* _Work to be completed_
Identify, in the records below, every line where the string "some" appears, and copy each such line.

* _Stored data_
================================
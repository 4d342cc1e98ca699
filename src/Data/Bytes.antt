-- ===== src/Data/Bytes.antt =====
-- What a dispatch data object stands for, its bytes, and which objects are well formed.
use book.Base.{
  ℕ, ◌+◌, ◌≤◌, ◌<◌, ◌^◌, ◌≡◌, refl, Option, none, some, List, [], ◌++◌, length, length-append,
  slice, length-slice, arith,
}
use mathlib.Core.List.{append_assoc}
use book.Data.Defs.{
  DispatchData, leaf, composite, Records, nil, cons, get_size, count, append_records,
}

unfoldable mutual
  pub bytes : DispatchData → List ℕ
  bytes (leaf buf) = buf
  bytes (composite flat size records) = record_bytes records

  pub record_bytes : Records → List ℕ
  record_bytes nil = []
  record_bytes (cons o from len rest) = slice from len (bytes o) ++ record_bytes rest

-- The sum of the records' lengths.
abbrev pub total_length : Records → ℕ
total_length nil = 0
total_length (cons o from len rest) = len + total_length rest

-- A record refers to a leaf, and to bytes that it has.
abbrev pub IsRange : DispatchData → ℕ → ℕ → Type 0
IsRange (leaf buf) from len = (0 < len) × (from + len ≤ length buf) × (length buf < 2 ^ 64)
IsRange (composite flat size records) from len = ⊥

abbrev pub AreRanges : Records → Type 0
AreRanges nil = Unit
AreRanges (cons o from len rest) = IsRange o from len × AreRanges rest

abbrev pub IsCache : Option (List ℕ) → Records → Type 0
IsCache none records = Unit
IsCache (some buf) records = buf ≡ record_bytes records

-- Every composite has records, all of leaves, whose lengths add up to its size; a cached buffer has
-- its bytes. Sizes fit a size_t.
abbrev pub IsValid : DispatchData → Type 0
IsValid (leaf buf) = length buf < 2 ^ 64
IsValid (composite flat size records) =
    (size ≡ total_length records)
    × (0 < count records)
    × (size < 2 ^ 64)
    × AreRanges records
    × IsCache flat records

pub length-range :
    (o : DispatchData) (from len : ℕ) → IsRange o from len → length (slice from len (bytes o)) ≡ len
unfolding bytes
length-range (leaf buf) from len v = omega (arith, length-slice from len buf)
length-range (composite flat size records) from len v = absurd v

pub length-record_bytes : (rs : Records) → AreRanges rs → length (record_bytes rs) ≡ total_length rs
unfolding bytes
length-record_bytes nil v = refl
length-record_bytes (cons o from len rest) v = omega (
  arith,
  length-append (slice from len (bytes o)) (record_bytes rest),
  length-range o from len v.0,
  length-record_bytes rest v.1,
)

-- The size of a well-formed object is the number of its bytes.
pub length-bytes : (d : DispatchData) → IsValid d → length (bytes d) ≡ get_size d
unfolding bytes
length-bytes (leaf buf) v = refl
length-bytes (composite flat size records) v = omega (arith, length-record_bytes records v.3)

pub record_bytes-append :
    (ps qs : Records) → record_bytes (append_records ps qs) ≡ record_bytes ps ++ record_bytes qs
unfolding bytes
record_bytes-append nil qs = refl
record_bytes-append (cons o from len rest) qs = rw (record_bytes-append rest qs, append_assoc)

pub AreRanges-append :
    (ps qs : Records) → AreRanges ps → AreRanges qs → AreRanges (append_records ps qs)
AreRanges-append nil qs v w = w
AreRanges-append (cons o from len rest) qs v w = (v.0, AreRanges-append rest qs v.1 w)

pub total_length-append :
    (ps qs : Records) → total_length (append_records ps qs) ≡ total_length ps + total_length qs
total_length-append nil qs = omega arith
total_length-append (cons o from len rest) qs = omega (arith, total_length-append rest qs)

pub count-append : (ps qs : Records) → count (append_records ps qs) ≡ count ps + count qs
count-append nil qs = omega arith
count-append (cons o from len rest) qs = omega (arith, count-append rest qs)

-- Records are not empty, so there are no more of them than bytes.
pub count-le : (rs : Records) → AreRanges rs → count rs ≤ total_length rs
count-le nil v = omega arith
count-le (cons (leaf buf) from len rest) v = omega (arith, count-le rest v.1)
count-le (cons (composite f s rs) from len rest) v = absurd v.0

pub composite-pos :
    (flat : Option (List ℕ)) (size : ℕ) (rs : Records) → IsValid (composite flat size rs) → 0 < size
composite-pos flat size rs v = omega (arith, count-le rs v.3)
================================
* _Completed task_
  ℕ, ◌+◌, ◌≤◌, ◌<◌, ◌^◌, ◌≡◌, refl, Option, none, some, List, [], ◌++◌, length, length-append,
IsCache (some buf) records = buf ≡ record_bytes records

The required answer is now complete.